[Opening Supplied records section]

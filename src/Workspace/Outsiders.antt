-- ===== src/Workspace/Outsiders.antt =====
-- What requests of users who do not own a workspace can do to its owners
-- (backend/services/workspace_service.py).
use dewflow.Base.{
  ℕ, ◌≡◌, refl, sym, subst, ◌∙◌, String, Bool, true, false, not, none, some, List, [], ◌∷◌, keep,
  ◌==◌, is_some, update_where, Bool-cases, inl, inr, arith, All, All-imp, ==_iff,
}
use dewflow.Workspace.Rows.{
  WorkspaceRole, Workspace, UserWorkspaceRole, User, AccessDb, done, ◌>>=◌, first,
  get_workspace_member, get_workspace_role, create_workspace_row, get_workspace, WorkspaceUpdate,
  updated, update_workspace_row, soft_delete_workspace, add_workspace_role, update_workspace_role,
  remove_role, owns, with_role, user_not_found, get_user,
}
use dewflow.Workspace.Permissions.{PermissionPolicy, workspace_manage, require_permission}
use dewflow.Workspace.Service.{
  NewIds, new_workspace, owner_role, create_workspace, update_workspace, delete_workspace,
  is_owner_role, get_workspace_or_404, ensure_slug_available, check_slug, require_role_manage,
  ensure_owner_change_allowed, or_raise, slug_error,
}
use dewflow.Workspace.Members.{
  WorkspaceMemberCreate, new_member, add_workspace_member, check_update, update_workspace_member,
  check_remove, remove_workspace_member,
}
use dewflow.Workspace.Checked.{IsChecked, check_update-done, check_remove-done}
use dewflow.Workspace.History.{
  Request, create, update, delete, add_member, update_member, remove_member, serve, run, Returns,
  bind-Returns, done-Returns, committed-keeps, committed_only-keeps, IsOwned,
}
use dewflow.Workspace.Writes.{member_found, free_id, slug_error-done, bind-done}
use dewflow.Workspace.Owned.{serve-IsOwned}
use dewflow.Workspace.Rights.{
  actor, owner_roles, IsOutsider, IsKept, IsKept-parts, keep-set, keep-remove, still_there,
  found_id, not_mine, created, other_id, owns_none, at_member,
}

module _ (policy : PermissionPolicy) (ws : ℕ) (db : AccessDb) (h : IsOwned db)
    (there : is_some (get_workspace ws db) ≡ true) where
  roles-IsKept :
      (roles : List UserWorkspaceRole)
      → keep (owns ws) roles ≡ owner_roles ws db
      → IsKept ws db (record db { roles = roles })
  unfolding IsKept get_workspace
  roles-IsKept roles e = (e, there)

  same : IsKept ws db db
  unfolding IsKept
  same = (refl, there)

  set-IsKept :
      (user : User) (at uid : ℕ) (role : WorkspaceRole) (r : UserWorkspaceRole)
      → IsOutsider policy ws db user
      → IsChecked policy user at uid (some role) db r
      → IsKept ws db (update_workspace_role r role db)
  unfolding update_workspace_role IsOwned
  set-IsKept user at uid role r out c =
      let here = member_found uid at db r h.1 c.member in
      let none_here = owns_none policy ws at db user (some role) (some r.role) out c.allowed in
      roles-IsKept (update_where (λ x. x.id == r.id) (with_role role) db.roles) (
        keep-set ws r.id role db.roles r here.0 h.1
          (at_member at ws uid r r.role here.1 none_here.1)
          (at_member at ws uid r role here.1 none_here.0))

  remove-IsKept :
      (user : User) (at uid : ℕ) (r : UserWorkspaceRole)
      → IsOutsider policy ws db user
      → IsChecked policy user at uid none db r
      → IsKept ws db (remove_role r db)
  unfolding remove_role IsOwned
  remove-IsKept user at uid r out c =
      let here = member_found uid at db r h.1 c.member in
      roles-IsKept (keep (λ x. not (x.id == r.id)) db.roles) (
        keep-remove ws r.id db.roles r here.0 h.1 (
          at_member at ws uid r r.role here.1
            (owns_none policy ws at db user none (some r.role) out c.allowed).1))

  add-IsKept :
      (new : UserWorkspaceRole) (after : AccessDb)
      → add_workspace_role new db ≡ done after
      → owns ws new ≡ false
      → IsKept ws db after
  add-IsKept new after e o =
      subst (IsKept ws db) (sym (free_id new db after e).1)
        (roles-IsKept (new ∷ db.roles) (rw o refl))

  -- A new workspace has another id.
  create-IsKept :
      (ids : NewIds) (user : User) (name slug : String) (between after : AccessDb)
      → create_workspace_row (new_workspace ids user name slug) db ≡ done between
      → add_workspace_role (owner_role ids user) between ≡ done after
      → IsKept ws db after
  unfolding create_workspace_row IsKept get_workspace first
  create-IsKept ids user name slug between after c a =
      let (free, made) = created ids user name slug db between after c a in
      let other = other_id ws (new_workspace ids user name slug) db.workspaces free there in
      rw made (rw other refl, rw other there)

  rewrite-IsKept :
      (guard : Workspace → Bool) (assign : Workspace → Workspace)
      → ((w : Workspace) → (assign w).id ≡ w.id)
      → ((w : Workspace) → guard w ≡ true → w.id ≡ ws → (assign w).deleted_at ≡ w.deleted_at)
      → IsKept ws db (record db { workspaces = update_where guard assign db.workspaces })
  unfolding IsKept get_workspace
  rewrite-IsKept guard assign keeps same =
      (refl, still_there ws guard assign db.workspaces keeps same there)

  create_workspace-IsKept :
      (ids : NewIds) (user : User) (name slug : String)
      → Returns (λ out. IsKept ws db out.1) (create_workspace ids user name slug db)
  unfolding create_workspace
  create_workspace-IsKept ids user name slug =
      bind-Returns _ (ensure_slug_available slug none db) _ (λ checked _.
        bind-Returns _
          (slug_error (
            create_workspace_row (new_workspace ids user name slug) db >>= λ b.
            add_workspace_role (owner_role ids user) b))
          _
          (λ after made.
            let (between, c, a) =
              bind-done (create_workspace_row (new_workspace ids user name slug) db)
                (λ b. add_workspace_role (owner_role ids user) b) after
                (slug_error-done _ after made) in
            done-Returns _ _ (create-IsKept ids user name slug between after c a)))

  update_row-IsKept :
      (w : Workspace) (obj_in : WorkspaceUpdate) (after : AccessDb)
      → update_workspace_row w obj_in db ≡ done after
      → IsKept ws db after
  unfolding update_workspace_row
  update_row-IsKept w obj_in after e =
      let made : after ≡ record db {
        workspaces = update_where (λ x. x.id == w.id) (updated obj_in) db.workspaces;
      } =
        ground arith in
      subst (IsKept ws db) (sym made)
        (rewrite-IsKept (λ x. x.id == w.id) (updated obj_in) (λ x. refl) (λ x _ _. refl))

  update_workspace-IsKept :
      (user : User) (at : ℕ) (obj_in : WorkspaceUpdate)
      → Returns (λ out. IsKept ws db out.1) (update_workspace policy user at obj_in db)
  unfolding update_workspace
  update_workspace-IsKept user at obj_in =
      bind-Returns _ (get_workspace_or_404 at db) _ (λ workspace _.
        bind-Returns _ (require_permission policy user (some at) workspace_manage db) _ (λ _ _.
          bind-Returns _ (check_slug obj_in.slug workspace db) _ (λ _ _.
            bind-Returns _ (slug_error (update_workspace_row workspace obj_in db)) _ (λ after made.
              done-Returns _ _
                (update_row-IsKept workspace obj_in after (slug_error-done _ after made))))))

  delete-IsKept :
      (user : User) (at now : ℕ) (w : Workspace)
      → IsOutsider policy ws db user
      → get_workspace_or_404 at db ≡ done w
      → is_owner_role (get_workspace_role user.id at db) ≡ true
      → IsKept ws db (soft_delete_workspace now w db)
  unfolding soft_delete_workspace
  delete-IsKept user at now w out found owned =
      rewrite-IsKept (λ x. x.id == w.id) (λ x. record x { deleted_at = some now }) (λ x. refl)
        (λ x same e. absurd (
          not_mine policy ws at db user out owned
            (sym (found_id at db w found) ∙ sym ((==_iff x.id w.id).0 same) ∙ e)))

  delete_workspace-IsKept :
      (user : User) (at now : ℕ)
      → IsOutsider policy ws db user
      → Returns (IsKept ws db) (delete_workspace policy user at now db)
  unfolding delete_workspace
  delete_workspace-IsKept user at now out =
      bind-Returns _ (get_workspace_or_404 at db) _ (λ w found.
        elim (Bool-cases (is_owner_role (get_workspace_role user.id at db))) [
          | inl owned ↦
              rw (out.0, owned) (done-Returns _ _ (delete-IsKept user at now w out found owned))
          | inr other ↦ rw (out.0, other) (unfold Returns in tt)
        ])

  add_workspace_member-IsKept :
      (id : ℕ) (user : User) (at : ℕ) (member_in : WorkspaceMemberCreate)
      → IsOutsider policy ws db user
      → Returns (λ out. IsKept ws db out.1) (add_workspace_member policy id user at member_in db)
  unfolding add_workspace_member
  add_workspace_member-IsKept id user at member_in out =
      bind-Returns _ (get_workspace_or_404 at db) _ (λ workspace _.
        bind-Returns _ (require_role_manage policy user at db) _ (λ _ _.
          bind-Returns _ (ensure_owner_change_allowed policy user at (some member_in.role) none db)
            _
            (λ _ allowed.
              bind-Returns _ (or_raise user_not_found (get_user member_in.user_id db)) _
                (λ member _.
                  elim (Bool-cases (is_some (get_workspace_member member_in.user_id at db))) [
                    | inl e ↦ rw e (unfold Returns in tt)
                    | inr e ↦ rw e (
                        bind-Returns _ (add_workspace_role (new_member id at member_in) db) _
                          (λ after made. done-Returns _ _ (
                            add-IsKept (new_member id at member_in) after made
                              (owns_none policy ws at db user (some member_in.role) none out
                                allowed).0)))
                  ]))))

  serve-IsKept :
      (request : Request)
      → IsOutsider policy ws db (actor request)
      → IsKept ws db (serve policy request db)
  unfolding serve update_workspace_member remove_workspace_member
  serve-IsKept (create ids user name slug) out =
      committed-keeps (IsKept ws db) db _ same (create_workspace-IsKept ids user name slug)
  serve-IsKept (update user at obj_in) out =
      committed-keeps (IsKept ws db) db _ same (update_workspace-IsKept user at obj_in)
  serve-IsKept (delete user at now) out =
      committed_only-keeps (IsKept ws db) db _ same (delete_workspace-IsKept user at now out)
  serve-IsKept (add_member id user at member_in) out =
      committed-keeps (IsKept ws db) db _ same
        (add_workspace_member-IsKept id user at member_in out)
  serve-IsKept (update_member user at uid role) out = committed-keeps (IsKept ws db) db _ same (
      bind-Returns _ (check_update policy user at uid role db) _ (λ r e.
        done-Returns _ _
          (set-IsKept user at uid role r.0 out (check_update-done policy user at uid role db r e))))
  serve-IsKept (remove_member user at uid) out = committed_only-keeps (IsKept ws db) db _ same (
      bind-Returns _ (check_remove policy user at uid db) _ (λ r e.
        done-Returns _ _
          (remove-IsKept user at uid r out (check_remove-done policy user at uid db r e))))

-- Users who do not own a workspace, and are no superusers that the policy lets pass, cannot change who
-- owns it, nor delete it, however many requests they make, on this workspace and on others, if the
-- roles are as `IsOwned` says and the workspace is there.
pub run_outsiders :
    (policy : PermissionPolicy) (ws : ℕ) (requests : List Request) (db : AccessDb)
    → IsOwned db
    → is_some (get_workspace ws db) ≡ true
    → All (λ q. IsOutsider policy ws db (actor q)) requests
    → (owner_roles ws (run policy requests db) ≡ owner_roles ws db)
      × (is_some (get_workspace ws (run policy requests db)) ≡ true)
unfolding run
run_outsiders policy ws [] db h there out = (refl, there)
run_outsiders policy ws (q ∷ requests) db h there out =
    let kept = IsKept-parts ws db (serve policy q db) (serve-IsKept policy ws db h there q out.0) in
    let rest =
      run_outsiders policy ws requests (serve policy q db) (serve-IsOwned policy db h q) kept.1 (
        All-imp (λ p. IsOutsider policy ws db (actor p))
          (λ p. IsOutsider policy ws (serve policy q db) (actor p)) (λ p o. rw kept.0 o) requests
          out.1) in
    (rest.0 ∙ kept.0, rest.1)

[Closing Supplied records section]
[Opening Supplied records section]

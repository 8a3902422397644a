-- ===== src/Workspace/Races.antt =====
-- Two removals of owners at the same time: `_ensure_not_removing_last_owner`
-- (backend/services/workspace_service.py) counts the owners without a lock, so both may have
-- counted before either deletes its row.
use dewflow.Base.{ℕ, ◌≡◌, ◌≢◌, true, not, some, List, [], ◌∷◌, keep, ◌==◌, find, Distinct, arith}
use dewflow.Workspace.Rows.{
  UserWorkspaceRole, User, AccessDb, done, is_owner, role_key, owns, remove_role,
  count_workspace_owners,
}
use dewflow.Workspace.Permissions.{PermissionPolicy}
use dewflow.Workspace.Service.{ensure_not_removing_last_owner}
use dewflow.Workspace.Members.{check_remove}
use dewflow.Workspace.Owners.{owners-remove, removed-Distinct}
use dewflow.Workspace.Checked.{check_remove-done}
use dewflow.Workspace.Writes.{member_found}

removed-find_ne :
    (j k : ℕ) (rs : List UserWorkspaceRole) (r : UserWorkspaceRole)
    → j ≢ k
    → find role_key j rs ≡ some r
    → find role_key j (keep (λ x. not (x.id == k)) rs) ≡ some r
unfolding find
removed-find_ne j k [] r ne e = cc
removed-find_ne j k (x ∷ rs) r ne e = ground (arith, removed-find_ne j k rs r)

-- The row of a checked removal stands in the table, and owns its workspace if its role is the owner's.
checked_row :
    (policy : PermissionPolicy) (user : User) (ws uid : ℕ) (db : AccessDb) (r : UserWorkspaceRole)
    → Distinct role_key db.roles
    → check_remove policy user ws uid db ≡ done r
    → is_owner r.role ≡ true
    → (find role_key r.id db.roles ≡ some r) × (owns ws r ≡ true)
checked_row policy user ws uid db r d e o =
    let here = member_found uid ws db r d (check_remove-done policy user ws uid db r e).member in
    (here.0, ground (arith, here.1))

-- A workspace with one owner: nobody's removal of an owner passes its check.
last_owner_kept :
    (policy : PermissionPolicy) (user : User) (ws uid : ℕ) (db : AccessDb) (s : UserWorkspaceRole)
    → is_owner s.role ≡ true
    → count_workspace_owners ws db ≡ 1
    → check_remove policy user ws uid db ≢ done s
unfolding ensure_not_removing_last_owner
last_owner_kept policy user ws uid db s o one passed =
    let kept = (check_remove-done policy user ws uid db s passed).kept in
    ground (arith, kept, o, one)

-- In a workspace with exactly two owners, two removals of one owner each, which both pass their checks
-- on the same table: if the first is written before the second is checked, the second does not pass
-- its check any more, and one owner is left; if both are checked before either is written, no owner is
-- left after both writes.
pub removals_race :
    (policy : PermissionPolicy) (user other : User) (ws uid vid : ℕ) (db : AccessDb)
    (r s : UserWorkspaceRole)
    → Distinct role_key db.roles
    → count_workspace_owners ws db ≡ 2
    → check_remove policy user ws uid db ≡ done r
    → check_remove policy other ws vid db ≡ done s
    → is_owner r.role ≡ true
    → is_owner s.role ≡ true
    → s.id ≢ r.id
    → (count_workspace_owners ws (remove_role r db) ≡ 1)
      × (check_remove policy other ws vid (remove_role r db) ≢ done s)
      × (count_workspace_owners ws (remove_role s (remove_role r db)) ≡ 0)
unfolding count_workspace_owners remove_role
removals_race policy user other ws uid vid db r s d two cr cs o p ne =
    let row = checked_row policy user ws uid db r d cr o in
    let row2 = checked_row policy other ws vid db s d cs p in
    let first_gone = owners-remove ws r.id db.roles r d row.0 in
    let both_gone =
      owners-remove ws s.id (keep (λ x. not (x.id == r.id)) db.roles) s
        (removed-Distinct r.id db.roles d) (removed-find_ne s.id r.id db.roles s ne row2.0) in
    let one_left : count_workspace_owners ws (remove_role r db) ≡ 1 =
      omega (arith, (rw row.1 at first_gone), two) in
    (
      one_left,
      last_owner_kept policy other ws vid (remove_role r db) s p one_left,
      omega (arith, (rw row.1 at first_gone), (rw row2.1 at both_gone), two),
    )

[Closing Supplied records section]

**Work instruction**. Across the listing above, count the lines that contain the string "Base" and report the figure alone.

**Response**. 2